(Dataset excerpts)

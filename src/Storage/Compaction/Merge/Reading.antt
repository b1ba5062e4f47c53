-- ===== src/Storage/Compaction/Merge/Reading.antt =====
-- The rows that a source still has, and what of some rows is written.
use toradb.Prelude.{
  ℕ, zero, suc, ◌<◌, ◌≡◌, refl, Bool, true, false, Option, none, some, List, [], ◌∷◌, ◌++◌, length,
  drop, retain, arith, Result, ok, err,
}
use toradb.Storage.Compaction.Merge.{Row, Disk, is_live, read}

module _ {C : Type 0} where
  -- The rows that a source still has.
  unfoldable pub unread_reader : List (Result (List (Row C))) → List (Row C)
  unread_reader [] = []
  unread_reader (err e ∷ rs) = []
  unread_reader (ok b ∷ rs) = b ++ unread_reader rs

  unfoldable pub unread : Option (List (Row C)) → List (Result (List (Row C))) → List (Row C)
  unfolding unread_reader
  unread none rs = []
  unread (some b) rs = b ++ unread_reader rs

  -- Every batch is read, and has a row.
  unfoldable pub is_readable : List (Result (List (Row C))) → Bool
  is_readable [] = true
  is_readable (err e ∷ rs) = false
  is_readable (ok [] ∷ rs) = false
  is_readable (ok (r ∷ b) ∷ rs) = is_readable rs

  unfoldable pub is_ready : Option (List (Row C)) → List (Result (List (Row C))) → Bool
  unfolding is_readable
  is_ready none [] = true
  is_ready none (r ∷ rs) = false
  is_ready (some []) rs = false
  is_ready (some (r ∷ b)) rs = is_readable rs

  pub next_is_ready :
      (r : Result (List (Row C))) (rs : List (Result (List (Row C))))
      → is_readable (r ∷ rs) ≡ true
      → (is_ready (read r) rs ≡ true) × (unread (read r) rs ≡ unread_reader (r ∷ rs))
  unfolding is_readable is_ready unread unread_reader
  next_is_ready (err e) rs h = absurd (ground arith)
  next_is_ready (ok []) rs h = absurd (ground arith)
  next_is_ready (ok (r ∷ b)) rs h = (h, refl)

pub drop-is_ready :
    {C : Type 0} (n : ℕ) (b : List (Row C)) (rs : List (Result (List (Row C))))
    → n < length b
    → is_readable rs ≡ true
    → is_ready (some (drop n b)) rs ≡ true
unfolding is_ready
drop-is_ready n [] rs h e = absurd (omega arith)
drop-is_ready zero (r ∷ b) rs h e = e
drop-is_ready (suc n) (r ∷ b) rs h e = drop-is_ready n b rs (omega arith) e

unfoldable pub recast : {C : Type 0} {D : Type 0} → (C → D) → List (Row C) → List (Row D)
recast f [] = []
recast f (r ∷ rs) = (r.0, f (r.1)) ∷ recast f rs

pub recast-append :
    {C : Type 0} {D : Type 0} (f : C → D) (xs ys : List (Row C))
    → recast f (xs ++ ys) ≡ recast f xs ++ recast f ys
unfolding recast
recast-append f [] ys = refl
recast-append f (x ∷ xs) ys = rw (recast-append f xs ys)

-- What of some rows goes to the new segment.
abbrev pub live_rows : {C : Type 0} {D : Type 0} → List ℕ → (C → D) → List (Row C) → List (Row D)
live_rows deleted f rs = recast f (retain (is_live deleted) rs)

pub live_rows-append :
    {C : Type 0} {D : Type 0} (deleted : List ℕ) (f : C → D) (xs ys : List (Row C))
    → live_rows deleted f (xs ++ ys) ≡ live_rows deleted f xs ++ live_rows deleted f ys
unfolding retain recast
live_rows-append deleted f [] ys = refl
live_rows-append deleted f (x ∷ xs) ys = ground (arith, live_rows-append deleted f xs ys)

-- The cast turns each row by itself, keeps its id, and does not fail.
abbrev pub Casts : {C : Type 0} {D : Type 0} → Disk C D → (C → D) → Type 0
Casts {C = C} disk f = (b : List (Row C)) → disk.cast_and_write b ≡ ok (recast f b)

**Problem details**
Work out how many lines of the records contain the word "drop". Give that number and nothing more.

**Output below**
6